WHAT YOU ARE ASKED TO DO
What is needed here is every line of the records that includes "right".

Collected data

- - - - - - -

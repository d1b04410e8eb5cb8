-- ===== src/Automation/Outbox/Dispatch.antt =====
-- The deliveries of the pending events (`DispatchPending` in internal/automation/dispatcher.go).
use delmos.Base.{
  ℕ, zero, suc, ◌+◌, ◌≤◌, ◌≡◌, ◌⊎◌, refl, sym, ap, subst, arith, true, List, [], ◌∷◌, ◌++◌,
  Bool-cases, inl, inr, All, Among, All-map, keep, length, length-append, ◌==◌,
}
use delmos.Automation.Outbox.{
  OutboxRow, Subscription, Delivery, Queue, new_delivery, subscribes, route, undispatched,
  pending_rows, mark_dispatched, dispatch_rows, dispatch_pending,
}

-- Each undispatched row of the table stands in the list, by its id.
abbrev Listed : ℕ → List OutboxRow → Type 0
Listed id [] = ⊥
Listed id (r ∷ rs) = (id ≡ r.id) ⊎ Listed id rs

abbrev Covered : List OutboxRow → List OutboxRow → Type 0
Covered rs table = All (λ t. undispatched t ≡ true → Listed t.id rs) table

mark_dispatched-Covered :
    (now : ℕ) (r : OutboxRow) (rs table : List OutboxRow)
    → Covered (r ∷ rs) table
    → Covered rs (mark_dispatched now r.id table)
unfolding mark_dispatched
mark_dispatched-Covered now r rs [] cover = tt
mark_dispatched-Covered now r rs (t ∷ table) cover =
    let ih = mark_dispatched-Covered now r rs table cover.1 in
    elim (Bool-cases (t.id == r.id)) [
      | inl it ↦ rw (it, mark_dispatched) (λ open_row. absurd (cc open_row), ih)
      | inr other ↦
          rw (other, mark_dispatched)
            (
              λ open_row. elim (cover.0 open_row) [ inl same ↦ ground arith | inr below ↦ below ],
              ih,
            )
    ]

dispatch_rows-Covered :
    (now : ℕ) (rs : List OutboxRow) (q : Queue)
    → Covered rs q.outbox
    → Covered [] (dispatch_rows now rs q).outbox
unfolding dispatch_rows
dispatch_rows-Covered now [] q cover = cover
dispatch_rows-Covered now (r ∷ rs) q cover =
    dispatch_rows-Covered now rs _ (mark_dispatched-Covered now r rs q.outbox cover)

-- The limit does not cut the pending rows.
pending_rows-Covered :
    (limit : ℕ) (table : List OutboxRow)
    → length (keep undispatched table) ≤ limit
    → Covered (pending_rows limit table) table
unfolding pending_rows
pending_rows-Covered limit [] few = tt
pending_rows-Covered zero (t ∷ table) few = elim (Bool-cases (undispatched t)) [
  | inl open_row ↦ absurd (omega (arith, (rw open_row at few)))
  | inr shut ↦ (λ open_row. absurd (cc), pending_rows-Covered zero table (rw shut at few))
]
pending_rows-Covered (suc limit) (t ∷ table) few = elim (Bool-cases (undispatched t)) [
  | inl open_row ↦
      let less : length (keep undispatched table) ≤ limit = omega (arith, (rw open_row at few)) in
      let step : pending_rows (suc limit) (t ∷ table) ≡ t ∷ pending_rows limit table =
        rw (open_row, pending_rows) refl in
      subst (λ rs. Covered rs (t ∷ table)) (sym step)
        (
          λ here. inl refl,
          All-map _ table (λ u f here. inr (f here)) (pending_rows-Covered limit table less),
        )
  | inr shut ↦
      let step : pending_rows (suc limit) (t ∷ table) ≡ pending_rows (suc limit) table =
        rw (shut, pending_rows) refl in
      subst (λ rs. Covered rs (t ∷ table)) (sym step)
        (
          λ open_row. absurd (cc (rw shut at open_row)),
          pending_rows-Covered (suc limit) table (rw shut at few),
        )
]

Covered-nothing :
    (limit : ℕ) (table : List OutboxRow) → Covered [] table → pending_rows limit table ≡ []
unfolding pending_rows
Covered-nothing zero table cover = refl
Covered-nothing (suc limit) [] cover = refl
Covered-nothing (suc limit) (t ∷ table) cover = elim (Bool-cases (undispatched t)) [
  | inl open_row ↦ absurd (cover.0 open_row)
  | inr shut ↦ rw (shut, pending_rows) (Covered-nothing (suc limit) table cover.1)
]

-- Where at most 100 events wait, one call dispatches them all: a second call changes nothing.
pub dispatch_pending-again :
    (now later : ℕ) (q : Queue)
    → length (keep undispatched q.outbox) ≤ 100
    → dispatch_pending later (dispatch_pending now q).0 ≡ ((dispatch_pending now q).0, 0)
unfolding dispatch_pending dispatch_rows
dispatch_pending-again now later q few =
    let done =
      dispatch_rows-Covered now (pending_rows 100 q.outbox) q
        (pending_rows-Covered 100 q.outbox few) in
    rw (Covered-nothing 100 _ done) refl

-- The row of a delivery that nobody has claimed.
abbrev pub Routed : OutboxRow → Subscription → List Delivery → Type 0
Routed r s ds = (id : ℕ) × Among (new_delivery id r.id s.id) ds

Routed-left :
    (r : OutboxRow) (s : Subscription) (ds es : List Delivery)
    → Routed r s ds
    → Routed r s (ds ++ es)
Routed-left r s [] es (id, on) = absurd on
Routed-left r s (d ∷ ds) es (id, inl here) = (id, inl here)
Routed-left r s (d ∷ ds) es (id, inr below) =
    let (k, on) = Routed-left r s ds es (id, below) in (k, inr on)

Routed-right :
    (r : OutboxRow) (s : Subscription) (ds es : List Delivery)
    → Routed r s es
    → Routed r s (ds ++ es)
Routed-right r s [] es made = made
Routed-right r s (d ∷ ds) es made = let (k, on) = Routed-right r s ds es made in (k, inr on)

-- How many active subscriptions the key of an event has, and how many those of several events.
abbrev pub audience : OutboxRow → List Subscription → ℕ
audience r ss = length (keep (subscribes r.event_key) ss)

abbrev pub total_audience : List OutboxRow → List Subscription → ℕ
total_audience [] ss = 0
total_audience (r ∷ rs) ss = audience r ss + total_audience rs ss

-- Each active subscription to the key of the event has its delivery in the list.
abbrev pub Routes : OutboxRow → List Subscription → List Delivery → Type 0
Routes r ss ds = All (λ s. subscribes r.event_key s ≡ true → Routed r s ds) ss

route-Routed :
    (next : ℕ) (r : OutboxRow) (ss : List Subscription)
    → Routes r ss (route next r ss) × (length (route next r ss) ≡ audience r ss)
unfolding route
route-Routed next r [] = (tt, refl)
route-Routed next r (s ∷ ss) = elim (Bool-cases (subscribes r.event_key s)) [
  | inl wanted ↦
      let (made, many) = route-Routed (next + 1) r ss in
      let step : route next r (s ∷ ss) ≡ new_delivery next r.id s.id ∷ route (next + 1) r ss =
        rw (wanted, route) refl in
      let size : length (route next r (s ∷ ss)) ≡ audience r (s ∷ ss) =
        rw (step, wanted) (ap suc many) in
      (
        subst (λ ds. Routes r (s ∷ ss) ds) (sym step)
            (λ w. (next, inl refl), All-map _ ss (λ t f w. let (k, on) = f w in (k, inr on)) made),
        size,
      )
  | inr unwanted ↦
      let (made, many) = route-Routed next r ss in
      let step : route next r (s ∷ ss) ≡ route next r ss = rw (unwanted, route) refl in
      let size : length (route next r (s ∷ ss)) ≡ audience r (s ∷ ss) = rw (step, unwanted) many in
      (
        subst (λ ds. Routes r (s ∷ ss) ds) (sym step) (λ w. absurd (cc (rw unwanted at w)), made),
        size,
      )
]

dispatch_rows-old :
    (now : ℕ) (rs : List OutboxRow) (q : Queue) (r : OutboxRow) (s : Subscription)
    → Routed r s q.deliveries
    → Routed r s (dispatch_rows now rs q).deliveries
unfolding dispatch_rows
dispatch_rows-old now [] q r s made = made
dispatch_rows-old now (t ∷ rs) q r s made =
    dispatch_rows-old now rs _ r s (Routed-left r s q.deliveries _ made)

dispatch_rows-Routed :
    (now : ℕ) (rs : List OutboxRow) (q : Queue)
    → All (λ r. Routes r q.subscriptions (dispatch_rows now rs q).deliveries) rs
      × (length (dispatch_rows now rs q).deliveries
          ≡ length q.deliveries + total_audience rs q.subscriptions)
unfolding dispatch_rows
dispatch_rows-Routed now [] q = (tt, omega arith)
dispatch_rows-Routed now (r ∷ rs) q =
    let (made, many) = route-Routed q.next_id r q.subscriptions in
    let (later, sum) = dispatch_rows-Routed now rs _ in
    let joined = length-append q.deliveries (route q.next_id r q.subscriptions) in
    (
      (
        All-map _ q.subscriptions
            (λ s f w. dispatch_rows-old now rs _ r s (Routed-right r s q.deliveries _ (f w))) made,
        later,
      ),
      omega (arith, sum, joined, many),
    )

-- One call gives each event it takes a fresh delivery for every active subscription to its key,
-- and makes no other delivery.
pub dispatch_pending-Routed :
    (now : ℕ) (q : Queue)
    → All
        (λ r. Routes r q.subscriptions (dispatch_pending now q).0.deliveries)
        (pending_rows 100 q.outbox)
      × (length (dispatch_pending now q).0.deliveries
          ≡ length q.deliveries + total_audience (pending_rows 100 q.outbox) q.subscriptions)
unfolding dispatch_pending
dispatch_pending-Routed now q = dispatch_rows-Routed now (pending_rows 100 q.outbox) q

- - - - - - -

RESPONSE
Routed-right :
Routed-right r s [] es made = made
Routed-right r s (d ∷ ds) es made = let (k, on) = Routed-right r s ds es made in (k, inr on)
            (λ s f w. dispatch_rows-old now rs _ r s (Routed-right r s q.deliveries _ (f w))) made,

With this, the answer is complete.